#### [INFORMATION SHOWN]
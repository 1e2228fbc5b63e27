-- ===== src/Application.antt =====
-- src/application/communication-application-service.ts: the voice sessions of calls. `durable` is
-- `getCallDurable` of the session manager, which throws where the store does, and `provider_by_id` the look-up of a provider, first
-- among those of the phone lines and then among the adapters. `start_bridge` and `stop_bridge` are
-- the two methods that a provider with media has, and `none` and `false` stand for their throwing.
-- The turns that are written to the conversation meanwhile are not modelled.
pub mod Voice
pub mod Shutdown
use textbee_gateway.Prelude.{
  ℕ, Bool, true, false, String, Option, none, some, List, [], ◌∷◌, Result, ok, err, or_throw, ◌>>=◌,
  if◌then◌else◌, or_default,
}
use textbee_gateway.JsMap.{JsMap, get, set, delete, keys}
use textbee_gateway.Core.Types.{ProviderId, CallSession}
use textbee_gateway.Media.Capabilities.{MediaBridgeHandle}
use textbee_gateway.Media.Engine
use textbee_gateway.Media.Engine.{MediaEngine, MediaError, Randoms, start_session, stop_session}

pub data VoiceSessionError : Type 0 where
  unknown_call : String → VoiceSessionError
  provider_not_active : ProviderId → VoiceSessionError
  no_media_bridging : VoiceSessionError
  media_error : MediaError → VoiceSessionError
  store_failed : String → VoiceSessionError
  start_failed : VoiceSessionError
  stop_failed : VoiceSessionError

pub record CommunicationApplicationService : Type 0 where
  pub active_bridges : JsMap MediaBridgeHandle
  pub media : MediaEngine

-- What `startVoiceSession` answers of its media, and the service after it.
abbrev pub Started : Type 0
Started = Result VoiceSessionError (String × ℕ) × CommunicationApplicationService

module _ (call_id : String) (svc : CommunicationApplicationService) where
  -- The bridge could not be made: the media session is stopped and the error thrown again.
  bridged : String × ℕ → Option MediaBridgeHandle → MediaEngine → Started
  bridged address none media =
      (err start_failed, record svc { media = (stop_session call_id media).1 })
  bridged address (some bridge) media = (
    ok address,
    record svc { active_bridges = set call_id bridge svc.active_bridges; media = media },
  )

  with_media :
      (String → String × ℕ → Option MediaBridgeHandle)
      → Result MediaError (String × ℕ) × MediaEngine
      → Started
  unfolding bridged
  with_media start (err e, media) = (err (media_error e), record svc { media = media })
  with_media start (ok address, media) = bridged address (start call_id address) media

-- The bridge is forgotten, and the media session is stopped whether or not the provider's own stop
-- throws.
forget_bridge :
    String
    → Bool
    → CommunicationApplicationService
    → Result VoiceSessionError (Unit {0}) × CommunicationApplicationService
forget_bridge call_id stopped svc = (
  if stopped then ok tt else err stop_failed,
  record svc {
    active_bridges = delete call_id svc.active_bridges;
    media = (stop_session call_id svc.media).1;
  },
)

module _ {P : Type 0} (durable : String → Result VoiceSessionError (Option CallSession))
    (provider_by_id : ProviderId → Option P)
    (start_bridge : P → Option (String → String × ℕ → Option MediaBridgeHandle))
    (stop_bridge : P → Option (MediaBridgeHandle → Bool)) where
  unfoldable pub call_and_provider : String → Result VoiceSessionError (CallSession × P)
  call_and_provider call_id = do
    answer ← durable call_id
    call ← or_throw (unknown_call call_id) answer
    provider ← or_throw (provider_not_active call.provider) (provider_by_id call.provider)
    ok (call, provider)

  bridging : String → Result VoiceSessionError (String → String × ℕ → Option MediaBridgeHandle)
  unfolding call_and_provider
  bridging call_id = do
    found ← call_and_provider call_id
    or_throw no_media_bridging (start_bridge found.1)

  begin_media :
      Result VoiceSessionError (String → String × ℕ → Option MediaBridgeHandle)
      → (ℕ → Bool)
      → Bool
      → Randoms
      → String
      → CommunicationApplicationService
      → Started
  unfolding with_media
  begin_media (err e) free connected r call_id svc = (err e, svc)
  begin_media (ok start) free connected r call_id svc =
      with_media call_id svc start (start_session free connected r call_id svc.media)

  unfoldable pub start_voice_session :
      (ℕ → Bool) → Bool → Randoms → String → CommunicationApplicationService → Started
  unfolding bridging begin_media
  start_voice_session free connected r call_id svc =
      begin_media (bridging call_id) free connected r call_id svc

  -- Whether the stop of a bridge went through: a provider that is gone, or without media, is
  -- passed over.
  provider_stops : Option CallSession → MediaBridgeHandle → Bool
  provider_stops none bridge = true
  provider_stops (some call) bridge = elim (provider_by_id call.provider) [
    | none ↦ true
    | some p ↦ elim (stop_bridge p) [ none ↦ true | some stop ↦ stop bridge ]
  ]

  -- Where the call cannot be read nothing has been removed yet.
  stop_found :
      Result VoiceSessionError (Option CallSession)
      → MediaBridgeHandle
      → String
      → CommunicationApplicationService
      → Result VoiceSessionError (Unit {0}) × CommunicationApplicationService
  unfolding forget_bridge provider_stops
  stop_found (err e) bridge call_id svc = (err e, svc)
  stop_found (ok call) bridge call_id svc = forget_bridge call_id (provider_stops call bridge) svc

  stop_with :
      Option MediaBridgeHandle
      → String
      → CommunicationApplicationService
      → Result VoiceSessionError (Unit {0}) × CommunicationApplicationService
  unfolding stop_found
  stop_with none call_id svc = (ok tt, record svc { media = (stop_session call_id svc.media).1 })
  stop_with (some bridge) call_id svc = stop_found (durable call_id) bridge call_id svc

  unfoldable pub stop_voice_session :
      String
      → CommunicationApplicationService
      → Result VoiceSessionError (Unit {0}) × CommunicationApplicationService
  unfolding stop_with
  stop_voice_session call_id svc = stop_with (get call_id svc.active_bridges) call_id svc

  -- `shutdown`. The stops run side by side, each for a call of its own, and one that throws is
  -- passed over.
  stop_each : List String → CommunicationApplicationService → CommunicationApplicationService
  unfolding stop_voice_session
  stop_each [] svc = svc
  stop_each (call_id ∷ call_ids) svc = stop_each call_ids (stop_voice_session call_id svc).1

  unfoldable pub shutdown : CommunicationApplicationService → CommunicationApplicationService
  unfolding stop_each
  shutdown svc =
      let stopped = stop_each (keys svc.active_bridges) svc in
      record stopped { media = (Engine.shutdown stopped.media).1 }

#### [EXERCISE GOAL]
Copy the data exactly. Leave nothing out.

#### [YOUR RESPONSE]
repository 1e2228fbc5b63e27
-- ===== src/Application.antt =====
-- src/application/communication-application-service.ts: the voice sessions of calls. `durable` is
-- `getCallDurable` of the session manager, which throws where the store does, and `provider_by_id` the look-up of a provider, first
-- among those of the phone lines and then among the adapters. `start_bridge` and `stop_bridge` are
-- the two methods that a provider with media has, and `none` and `false` stand for their throwing.
-- The turns that are written to the conversation meanwhile are not modelled.
pub mod Voice
pub mod Shutdown
use textbee_gateway.Prelude.{
  ℕ, Bool, true, false, String, Option, none, some, List, [], ◌∷◌, Result, ok, err, or_throw, ◌>>=◌,
  if◌then◌else◌, or_default,
}
use textbee_gateway.JsMap.{JsMap, get, set, delete, keys}
use textbee_gateway.Core.Types.{ProviderId, CallSession}
use textbee_gateway.Media.Capabilities.{MediaBridgeHandle}
use textbee_gateway.Media.Engine
use textbee_gateway.Media.Engine.{MediaEngine, MediaError, Randoms, start_session, stop_session}

pub data VoiceSessionError : Type 0 where
  unknown_call : String → VoiceSessionError
  provider_not_active : ProviderId → VoiceSessionError
  no_media_bridging : VoiceSessionError
  media_error : MediaError → VoiceSessionError
  store_failed : String → VoiceSessionError
  start_failed : VoiceSessionError
  stop_failed : VoiceSessionError

pub record CommunicationApplicationService : Type 0 where
  pub active_bridges : JsMap MediaBridgeHandle
  pub media : MediaEngine

-- What `startVoiceSession` answers of its media, and the service after it.
abbrev pub Started : Type 0
Started = Result VoiceSessionError (String × ℕ) × CommunicationApplicationService

module _ (call_id : String) (svc : CommunicationApplicationService) where
  -- The bridge could not be made: the media session is stopped and the error thrown again.
  bridged : String × ℕ → Option MediaBridgeHandle → MediaEngine → Started
  bridged address none media =
      (err start_failed, record svc { media = (stop_session call_id media).1 })
  bridged address (some bridge) media = (
    ok address,
    record svc { active_bridges = set call_id bridge svc.active_bridges; media = media },
  )

  with_media :
      (String → String × ℕ → Option MediaBridgeHandle)
      → Result MediaError (String × ℕ) × MediaEngine
      → Started
  unfolding bridged
  with_media start (err e, media) = (err (media_error e), record svc { media = media })
  with_media start (ok address, media) = bridged address (start call_id address) media

-- The bridge is forgotten, and the media session is stopped whether or not the provider's own stop
-- throws.
forget_bridge :
    String
    → Bool
    → CommunicationApplicationService
    → Result VoiceSessionError (Unit {0}) × CommunicationApplicationService
forget_bridge call_id stopped svc = (
  if stopped then ok tt else err stop_failed,
  record svc {
    active_bridges = delete call_id svc.active_bridges;
    media = (stop_session call_id svc.media).1;
  },
)

module _ {P : Type 0} (durable : String → Result VoiceSessionError (Option CallSession))
    (provider_by_id : ProviderId → Option P)
    (start_bridge : P → Option (String → String × ℕ → Option MediaBridgeHandle))
    (stop_bridge : P → Option (MediaBridgeHandle → Bool)) where
  unfoldable pub call_and_provider : String → Result VoiceSessionError (CallSession × P)
  call_and_provider call_id = do
    answer ← durable call_id
    call ← or_throw (unknown_call call_id) answer
    provider ← or_throw (provider_not_active call.provider) (provider_by_id call.provider)
    ok (call, provider)

  bridging : String → Result VoiceSessionError (String → String × ℕ → Option MediaBridgeHandle)
  unfolding call_and_provider
  bridging call_id = do
    found ← call_and_provider call_id
    or_throw no_media_bridging (start_bridge found.1)

  begin_media :
      Result VoiceSessionError (String → String × ℕ → Option MediaBridgeHandle)
      → (ℕ → Bool)
      → Bool
      → Randoms
      → String
      → CommunicationApplicationService
      → Started
  unfolding with_media
  begin_media (err e) free connected r call_id svc = (err e, svc)
  begin_media (ok start) free connected r call_id svc =
      with_media call_id svc start (start_session free connected r call_id svc.media)

  unfoldable pub start_voice_session :
      (ℕ → Bool) → Bool → Randoms → String → CommunicationApplicationService → Started
  unfolding bridging begin_media
  start_voice_session free connected r call_id svc =
      begin_media (bridging call_id) free connected r call_id svc

  -- Whether the stop of a bridge went through: a provider that is gone, or without media, is
  -- passed over.
  provider_stops : Option CallSession → MediaBridgeHandle → Bool
  provider_stops none bridge = true
  provider_stops (some call) bridge = elim (provider_by_id call.provider) [
    | none ↦ true
    | some p ↦ elim (stop_bridge p) [ none ↦ true | some stop ↦ stop bridge ]
  ]

  -- Where the call cannot be read nothing has been removed yet.
  stop_found :
      Result VoiceSessionError (Option CallSession)
      → MediaBridgeHandle
      → String
      → CommunicationApplicationService
      → Result VoiceSessionError (Unit {0}) × CommunicationApplicationService
  unfolding forget_bridge provider_stops
  stop_found (err e) bridge call_id svc = (err e, svc)
  stop_found (ok call) bridge call_id svc = forget_bridge call_id (provider_stops call bridge) svc

  stop_with :
      Option MediaBridgeHandle
      → String
      → CommunicationApplicationService
      → Result VoiceSessionError (Unit {0}) × CommunicationApplicationService
  unfolding stop_found
  stop_with none call_id svc = (ok tt, record svc { media = (stop_session call_id svc.media).1 })
  stop_with (some bridge) call_id svc = stop_found (durable call_id) bridge call_id svc

  unfoldable pub stop_voice_session :
      String
      → CommunicationApplicationService
      → Result VoiceSessionError (Unit {0}) × CommunicationApplicationService
  unfolding stop_with
  stop_voice_session call_id svc = stop_with (get call_id svc.active_bridges) call_id svc

  -- `shutdown`. The stops run side by side, each for a call of its own, and one that throws is
  -- passed over.
  stop_each : List String → CommunicationApplicationService → CommunicationApplicationService
  unfolding stop_voice_session
  stop_each [] svc = svc
  stop_each (call_id ∷ call_ids) svc = stop_each call_ids (stop_voice_session call_id svc).1

  unfoldable pub shutdown : CommunicationApplicationService → CommunicationApplicationService
  unfolding stop_each
  shutdown svc =
      let stopped = stop_each (keys svc.active_bridges) svc in
      record stopped { media = (Engine.shutdown stopped.media).1 }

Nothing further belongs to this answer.